Exercise goal: Repeat verbatim the lines of the data below, beginning with the line containing "bind-eq-ok (err failure) next h = cc" and continuing to the end.

(Dataset entries)
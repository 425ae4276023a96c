-- ===== src/Result.antt =====
-- Fallible code: `anyhow::Result`, and the panics of `expect`, `unwrap` and `panic!`.
use pg_analytics.Prelude.{◌≡◌, refl, ◌⊎◌, inl, inr, Option, none, some}
use pg_analytics.Text.{Text}

-- An `Err` value carries its message; a panic leaves every caller, and never comes back as a value.
pub data Failure : Type 0 where
  error : Text → Failure
  panic : Text → Failure

pub data Result {ℓ} (A : Type ℓ) : Type ℓ where
  ok : A → Result A
  err : Failure → Result A

-- The result is a value.
abbrev pub IsOk {ℓ} : {A : Type ℓ} → Result A → Type 0
IsOk (ok a) = Unit
IsOk (err e) = ⊥

infixl 5 ◌>>=◌ ◌>>◌
-- The operator `?` and what follows it.
abbrev pub ◌>>=◌ {ℓ κ} : {A : Type ℓ} {B : Type κ} → Result A → (A → Result B) → Result B
err failure >>= next = err failure
ok value >>= next = next value

-- `Option::ok_or_else`
abbrev pub ok_or {ℓ} : {A : Type ℓ} → Option A → Failure → Result A
ok_or none e = err e
ok_or (some a) e = ok a

-- `?;` on a result that carries nothing.
abbrev pub ◌>>◌ {ℓ} : {B : Type ℓ} → Result (Unit {0}) → Result B → Result B
first >> second = first >>= λ u. second

-- To split on a result and keep the equation.
pub Result-cases {ℓ} :
    {A : Type ℓ} (r : Result A) → ((a : A) × (r ≡ ok a)) ⊎ ((f : Failure) × (r ≡ err f))
Result-cases (ok a) = inl (a, refl)
Result-cases (err f) = inr (f, refl)

-- What a chain of two steps with a value has done: the first step had a value, and so had the second.
module _ {ℓ κ} {A : Type ℓ} {B : Type κ} where
  pub bind-eq-ok :
      (step : Result A) (next : A → Result B) {value : B}
      → (step >>= next) ≡ ok value
      → (a : A) × (step ≡ ok a) × (next a ≡ ok value)
  bind-eq-ok (err failure) next h = cc
  bind-eq-ok (ok a) next h = (a, refl, h)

Finished exercise:
  bind-eq-ok (err failure) next h = cc
  bind-eq-ok (ok a) next h = (a, refl, h)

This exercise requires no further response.